Previously when Swift’s type inference is unable to work out the type of a particular expression, it requires the programmer to provide the necessary type context explicitly. However, all mechanisms for doing this require the user to write out the entire type signature, even if only one portion of that type is actually needed by the compiler.

enum Either<Left, Right> {
  case left(Left)
  case right(Right)

  init(left: Left) { self = .left(left) }
  init(right: Right) { self = .right(right) }
}

func makePublisher() -> Some<Complex<Nested<Publisher<Chain<Int>>>>> {
  /* ... */
}

let publisherOrValue = Either(left: makePublisher()) // Error: generic parameter 'Right' could not be inferred

let publisherOrValue = Either<Some<Complex<Nested<Publisher<Chain<Int>>>>>, Int>(left: makePublisher()) // Instead, we have to write out the full generic type

This version allows you to write types with designated type placeholders (_) which indicate that the corresponding type should be filled in during type checking. Effectively, type placeholders act as user-specified anonymous type variables that the type checker will attempt to solve using other contextual information.

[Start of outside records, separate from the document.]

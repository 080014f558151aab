-- ===== src/Controllers/Webhooks.antt =====
-- src/modules/webhooks/webhook.controller.ts.
use multi_tenant_saas_gatewa.Common.{ℕ, String, Bool, List}
use multi_tenant_saas_gatewa.Common.Outcome.{M, pure, ◌>>=◌}
use multi_tenant_saas_gatewa.Database.{Repository}
use multi_tenant_saas_gatewa.Auth.{AuthenticatedUser}
use multi_tenant_saas_gatewa.Webhooks.{
  Webhook, WebhookEvent, CreateWebhookDto, UpdateWebhookDto, WebhookResponseDto, UpdatedWebhook,
  Net, State,
}
use multi_tenant_saas_gatewa.Webhooks
use multi_tenant_saas_gatewa.Http.Request.{Request}
use multi_tenant_saas_gatewa.Http.Filter.{Response}
use multi_tenant_saas_gatewa.Controllers.{Context, piped, admit, serve}

-- The routes, with their parameters and bodies, the random bytes, the payload of a test and the
-- reading of the clock.
pub data Route : Type 0 where
  post : CreateWebhookDto → String → Route
  get_all : Route
  get_one : String → Route
  patch : String → UpdateWebhookDto → Route
  deletion : String → Route
  rotation : String → String → Route
  test : String → WebhookEvent → String → (ℕ → ℕ) → Route

pub data Reply : Type 0 where
  one : WebhookResponseDto → Reply
  updated : UpdatedWebhook → Reply
  many : List WebhookResponseDto → Reply
  secret : String → Reply
  delivered : Bool → Reply
  nothing : Reply

abbrev pub success : Route → ℕ
success (post dto random_bytes) = 201
success get_all = 200
success (get_one id) = 200
success (patch id dto) = 200
success (deletion id) = 204
success (rotation id random_bytes) = 201
success (test id event payload now) = 201

module _ (R : Repository Webhook) (net : Net) (c : Context) where
  unfoldable pub create :
      AuthenticatedUser → CreateWebhookDto → String → M (State R) WebhookResponseDto
  create user dto random_bytes = Webhooks.create R user.tenant_id dto random_bytes

  unfoldable pub find_all : AuthenticatedUser → M (State R) (List WebhookResponseDto)
  find_all user = Webhooks.find_all R user.tenant_id

  unfoldable pub find_one : AuthenticatedUser → String → M (State R) WebhookResponseDto
  find_one user id = piped c id (λ id. Webhooks.find_one R user.tenant_id id)

  unfoldable pub update : AuthenticatedUser → String → UpdateWebhookDto → M (State R) UpdatedWebhook
  update user id dto = piped c id (λ id. Webhooks.update R user.tenant_id id dto)

  unfoldable pub delete : AuthenticatedUser → String → M (State R) (Unit {0})
  delete user id = piped c id (λ id. Webhooks.delete R user.tenant_id id)

  unfoldable pub rotate_secret : AuthenticatedUser → String → String → M (State R) String
  rotate_secret user id random_bytes =
      piped c id (λ id. Webhooks.rotate_secret R user.tenant_id id random_bytes)

  unfoldable pub test_delivery :
      AuthenticatedUser → String → WebhookEvent → String → (ℕ → ℕ) → M (State R) Bool
  test_delivery user id event payload now =
      piped c id (λ id. Webhooks.test_delivery R net user.tenant_id id event payload now)

  unfoldable pub dispatch : AuthenticatedUser → Route → M (State R) Reply
  unfolding create find_all find_one update delete rotate_secret test_delivery
  dispatch user (post dto random_bytes) = create user dto random_bytes >>= λ d. pure (one d)
  dispatch user get_all = find_all user >>= λ ds. pure (many ds)
  dispatch user (get_one id) = find_one user id >>= λ d. pure (one d)
  dispatch user (patch id dto) = update user id dto >>= λ d. pure (updated d)
  dispatch user (deletion id) = delete user id >>= λ _. pure nothing
  dispatch user (rotation id random_bytes) =
      rotate_secret user id random_bytes >>= λ s. pure (secret s)
  dispatch user (test id event payload now) =
      test_delivery user id event payload now >>= λ b. pure (delivered b)

  unfoldable pub handle : Request → String → ℕ → Route → State R → Response (ℕ × Reply) × State R
  unfolding dispatch
  handle q uuid timestamp route =
      serve q uuid timestamp (admit c q) (λ p. dispatch p.1 route >>= λ r. pure (success route, r))
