-- ===== src/Dto.antt =====
-- The validation of bodies and queries: `ValidationPipe` as src/main.ts sets it up, with the rules of
-- class-validator that the DTOs name. What a rule of that library tests on a text is a parameter, and
-- so is the conversion to the declared type of a property (`enableImplicitConversion`). A body that is refused is answered with
-- the status 400.
pub mod Users
pub mod Tenants
pub mod Queries
pub mod Slugs
pub mod Webhooks
mod Tests
use multi_tenant_saas_gatewa.Common.{
  ℕ, String, ◌≡◌, refl, subst, arith, Bool, true, false, ◌&&◌, Option, none, some, List, [], ◌∷◌,
  ◌==◌, leb, any, all, if◌then◌else◌,
}
use multi_tenant_saas_gatewa.Common.Outcome
use multi_tenant_saas_gatewa.Common.Outcome.{Result, ok, throw, http, many}

pub data Item : Type 0 where
  text : String → Item
  number : ℕ → Item
  other_number : Item
  boolean : Bool → Item
  object : Item

-- A number that is negative or not whole is an `other_number`.
pub data Value : Type 0 where
  null : Value
  single : Item → Value
  list : List Item → Value

-- The declared types of properties.
pub data Kind : Type 0 where
  string_type number_type boolean_type array_type : Kind

-- The keys of an object and their values.
abbrev pub Fields : Type 0
Fields = List (String × Value)

pub record Validators : Type 0 where
  pub convert : Kind → Value → Value
  pub length : String → ℕ
  pub is_email : String → Bool
  pub is_url : String → Bool
  pub is_uuid : String → Bool
  pub is_uuid4 : String → Bool
  pub is_date_string : String → Bool
  pub problems : Fields → List String

-- Shut in proofs, which take a chain apart by `Holds-bind`.
infixl 5 ◌>>=◌ ◌>>◌
unfoldable pub ◌>>=◌ : {A B : Type 0} → Option A → (A → Option B) → Option B
none >>= f = none
some a >>= f = f a

abbrev pub ◌>>◌ : {B : Type 0} → Option (Unit {0}) → Option B → Option B
m >> k = m >>= λ _. k

abbrev pub guard : Bool → Option (Unit {0})
guard b = if b then some tt else none

some_injective : {A : Type 0} (a b : A) → some a ≡ some b → a ≡ b
some_injective a b e = cc

-- Whatever is given has the property.
pub record Holds {A : Type 0} (P : A → Type 0) (m : Option A) : Type 0 where
  pub apply : (a : A) → m ≡ some a → P a

pub Holds-bind :
    {A B : Type 0} {P : B → Type 0} (m : Option A) (f : A → Option B)
    → ((a : A) → m ≡ some a → Holds P (f a))
    → Holds P (m >>= f)
unfolding ◌>>=◌
Holds-bind none f h = record { apply = λ b e. absurd (ground (arith, e)) }
Holds-bind (some a) f h = h a refl

pub Holds-some : {A : Type 0} {P : A → Type 0} (a : A) → P a → Holds P (some a)
Holds-some {P} a p = record { apply = λ b e. subst P (some_injective a b e) p }

pub guard_passed : (b : Bool) (u : Unit {0}) → guard b ≡ some u → b ≡ true
guard_passed true u h = refl
guard_passed false u h = absurd (ground (arith, h))

abbrev pub lookup : String → Fields → Option Value
lookup name [] = none
lookup name ((key, v) ∷ rest) = if key == name then some v else lookup name rest

-- A value that is neither missing nor null.
abbrev pub not_null : Option Value → Option Value
not_null none = none
not_null (some null) = none
not_null (some (single x)) = some (single x)
not_null (some (list xs)) = some (list xs)

abbrev pub present : String → Fields → Option Value
present name fields = not_null (lookup name fields)

abbrev pub is_null : Option Value → Bool
is_null (some null) = true
is_null _ = false

-- `whitelist` with `forbidNonWhitelisted`: every key is a property of the class.
unfoldable pub whitelisted : List String → Fields → Bool
whitelisted names fields = all (λ f. any (λ n. n == f.0) names) fields

abbrev pub text_of : Value → Option String
text_of (single (text s)) = some s
text_of _ = none

abbrev pub number_of : Value → Option ℕ
number_of (single (number n)) = some n
number_of _ = none

abbrev pub boolean_of : Value → Option Bool
boolean_of (single (boolean b)) = some b
boolean_of _ = none

abbrev pub item_text : Item → Option String
item_text (text s) = some s
item_text _ = none

abbrev pub each : {A : Type 0} → (Item → Option A) → List Item → Option (List A)
each of [] = some []
each of (x ∷ xs) = of x >>= λ a. each of xs >>= λ rest. some (a ∷ rest)

-- `@IsArray()` with a rule for each element.
abbrev pub list_of : {A : Type 0} → (Item → Option A) → Value → Option (List A)
list_of of (list xs) = each of xs
list_of of _ = none

abbrev pub just : {A : Type 0} → Option A → Option (Option A)
just none = none
just (some a) = some (some a)

abbrev pub that : {A : Type 0} → (A → Bool) → Option A → Option A
that test none = none
that test (some a) = if test a then some a else none

module _ (V : Validators) (fields : Fields) where
  abbrev pub given : Kind → String → Option Value
  given kind name = lookup name fields >>= λ v. some (V.convert kind v)

  -- A property with rules.
  abbrev pub property : {A : Type 0} → Kind → (Value → Option A) → String → Option A
  property kind of name = given kind name >>= of

  -- A property with `@IsOptional()` too: a null passes all its rules, as a missing property does.
  abbrev pub optional : {A : Type 0} → Kind → (Value → Option A) → String → Option (Option A)
  optional kind of name = elim (present name fields) [
    | none ↦ some none
    | some v ↦ just (of (V.convert kind v))
  ]

  -- Rules on texts.
  abbrev pub string : String → (String → Bool) → Option String
  string name test = property string_type (λ v. that test (text_of v)) name

  abbrev pub optional_string : String → (String → Bool) → Option (Option String)
  optional_string name test = optional string_type (λ v. that test (text_of v)) name

  -- `@IsInt()` with `@Min` and `@Max`.
  abbrev pub optional_int : String → (ℕ → Bool) → Option (Option ℕ)
  optional_int name test = optional number_type (λ v. that test (number_of v)) name

-- `@IsString()` alone.
abbrev pub anything : String → Bool
anything s = true

abbrev pub between : ℕ → ℕ → ℕ → Bool
between lo hi n = leb lo n && leb n hi

-- `ValidationPipe.transform`: what is decoded, or a BadRequestException with the messages of the rules.
abbrev pub transform : {A : Type 0} → Validators → Fields → Option A → Result A
transform V fields none = throw (
    http 400 (Outcome.object none (some (many (V.problems fields))) (some "Bad Request"))
      "Bad Request Exception")
transform V fields (some a) = ok a
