-- ===== src/Dto/Users.antt =====
-- The DTOs of users, sessions and profiles: src/modules/users/dto, src/modules/auth/dto and
-- src/modules/profile/dto.
use multi_tenant_saas_gatewa.Common.{
  String, Bool, true, false, ◌&&◌, ◌||◌, Option, none, some, [], ◌∷◌, ◌==◌, leb, if◌then◌else◌,
}
use multi_tenant_saas_gatewa.Entities.{UserStatus}
use multi_tenant_saas_gatewa.Users.{CreateUserPayload, UpdateUserPayload}
use multi_tenant_saas_gatewa.Auth.{
  RegisterDto, LoginDto, RefreshTokenDto, ChangePasswordDto, ForgotPasswordDto, ResetPasswordDto,
}
use multi_tenant_saas_gatewa.Dto.{
  Validators, Fields, ◌>>=◌, ◌>>◌, guard, whitelisted, string, optional_string, optional, text_of,
  string_type, anything, between,
}
use Prim.Native.Char.{code, Char}
use Prim.Native.String

abbrev pub user_status_of : String → Option UserStatus
user_status_of s =
    if s == "ACTIVE"
    then some UserStatus.active
    else if s == "INACTIVE"
    then some UserStatus.inactive
    else if s == "PENDING"
    then some UserStatus.pending
    else if s == "ARCHIVED"
    then some UserStatus.archived
    else none

abbrev is_lower : Char → Bool
is_lower c = leb b'a' (code c) && leb (code c) b'z'

abbrev is_upper : Char → Bool
is_upper c = leb b'A' (code c) && leb (code c) b'Z'

abbrev is_digit : Char → Bool
is_digit c = leb b'0' (code c) && leb (code c) b'9'

-- [@$!%*?&]
abbrev is_special : Char → Bool
is_special c =
    leb b'@' (code c) && leb (code c) b'@'
    || leb b'$' (code c) && leb (code c) b'%'
    || leb b'!' (code c) && leb (code c) b'!'
    || leb b'*' (code c) && leb (code c) b'*'
    || leb b'?' (code c) && leb (code c) b'?'
    || leb b'&' (code c) && leb (code c) b'&'

unfoldable pub some_char : (Char → Bool) → String → Bool
some_char p String.[] = false
some_char p (String.◌∷◌ c s) = p c || some_char p s

unfoldable pub all_chars : (Char → Bool) → String → Bool
all_chars p String.[] = true
all_chars p (String.◌∷◌ c s) = p c && all_chars p s

-- The pattern of a password: four look-aheads, and at least eight characters of the class.
unfoldable pub is_strong : String → Bool
unfolding some_char all_chars
is_strong s =
    some_char is_lower s
    && some_char is_upper s
    && some_char is_digit s
    && some_char is_special s
    && all_chars (λ c. is_lower c || is_upper c || is_digit c || is_special c) s
    && leb 8 (String.count s)

module _ (V : Validators) (fields : Fields) where
  unfoldable pub create_user_dto : Option CreateUserPayload
  unfolding whitelisted is_strong
  create_user_dto = do
    guard (whitelisted ("email" ∷ "name" ∷ "password" ∷ []) fields)
    email ← string V fields "email" V.is_email
    name ← string V fields "name" (λ s. between 2 100 (V.length s))
    password ← string V fields "password" (λ s. between 8 128 (V.length s) && is_strong s)
    some (record { email = email; name = name; password = password })

  unfoldable pub update_user_dto : Option UpdateUserPayload
  unfolding whitelisted
  update_user_dto = do
    guard (whitelisted ("name" ∷ "status" ∷ []) fields)
    name ← optional_string V fields "name" (λ s. between 2 100 (V.length s))
    status ← optional V fields string_type (λ v. text_of v >>= user_status_of) "status"
    some (record { name = name; status = status })

  unfoldable pub register_dto : Option RegisterDto
  unfolding whitelisted
  register_dto = do
    guard (whitelisted ("email" ∷ "name" ∷ "password" ∷ "tenantId" ∷ []) fields)
    email ← string V fields "email" V.is_email
    name ← string V fields "name" (λ s. leb 2 (V.length s))
    password ← string V fields "password" (λ s. leb 8 (V.length s))
    tenant_id ← string V fields "tenantId" V.is_uuid
    some (record { email = email; name = name; password = password; tenant_id = tenant_id })

  unfoldable pub login_dto : Option LoginDto
  unfolding whitelisted
  login_dto = do
    guard (whitelisted ("email" ∷ "password" ∷ "tenantId" ∷ []) fields)
    email ← string V fields "email" V.is_email
    password ← string V fields "password" (λ s. leb 8 (V.length s))
    tenant_id ← string V fields "tenantId" V.is_uuid
    some (record { email = email; password = password; tenant_id = tenant_id })

  unfoldable pub refresh_token_dto : Option RefreshTokenDto
  unfolding whitelisted
  refresh_token_dto = do
    guard (whitelisted ("refreshToken" ∷ "tenantId" ∷ []) fields)
    refresh_token ← string V fields "refreshToken" anything
    tenant_id ← string V fields "tenantId" V.is_uuid
    some (record { refresh_token = refresh_token; tenant_id = tenant_id })

  unfoldable pub change_password_dto : Option ChangePasswordDto
  unfolding whitelisted
  change_password_dto = do
    guard (whitelisted ("currentPassword" ∷ "newPassword" ∷ []) fields)
    current_password ← string V fields "currentPassword" (λ s. leb 8 (V.length s))
    new_password ← string V fields "newPassword" (λ s. leb 8 (V.length s))
    some (record { current_password = current_password; new_password = new_password })

  unfoldable pub forgot_password_dto : Option ForgotPasswordDto
  unfolding whitelisted
  forgot_password_dto = do
    guard (whitelisted ("email" ∷ "tenantId" ∷ []) fields)
    email ← string V fields "email" V.is_email
    tenant_id ← string V fields "tenantId" V.is_uuid
    some (record { email = email; tenant_id = tenant_id })

  unfoldable pub reset_password_dto : Option ResetPasswordDto
  unfolding whitelisted
  reset_password_dto = do
    guard (whitelisted ("token" ∷ "tenantId" ∷ "newPassword" ∷ []) fields)
    token ← string V fields "token" anything
    tenant_id ← string V fields "tenantId" V.is_uuid
    new_password ← string V fields "newPassword" (λ s. leb 8 (V.length s))
    some (record { token = token; tenant_id = tenant_id; new_password = new_password })

  -- `UpdateProfileDto`, whose only property is the name.
  unfoldable pub update_profile_dto : Option (Option String)
  unfolding whitelisted
  update_profile_dto = do
    guard (whitelisted ("name" ∷ []) fields)
    optional_string V fields "name" (λ s. between 2 255 (V.length s))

let publisherOrValue = Either<_, Int>(left: makePublisher())

Unavailability Condition

Swift historically supported the #available condition to check if a specific symbol is available for usage, but not the opposite. Because the availability condition is not parsed as an expression, it cannot be negated with regular boolean operations (!/== false).

What if we’re only interested in negative portion of the check, we’ll leave behind an empty if branch.

if #available(iOS 13, *) {
  // no-op
} else {
  loadMainWindow()
}

This version introduces #unavailable check will eliminate the need to use the current workaround and makes it clear to the reader that the statement is checking for the lack of a specific version, eliminating the need to provide a comment explaining what that piece of code is trying to achieve.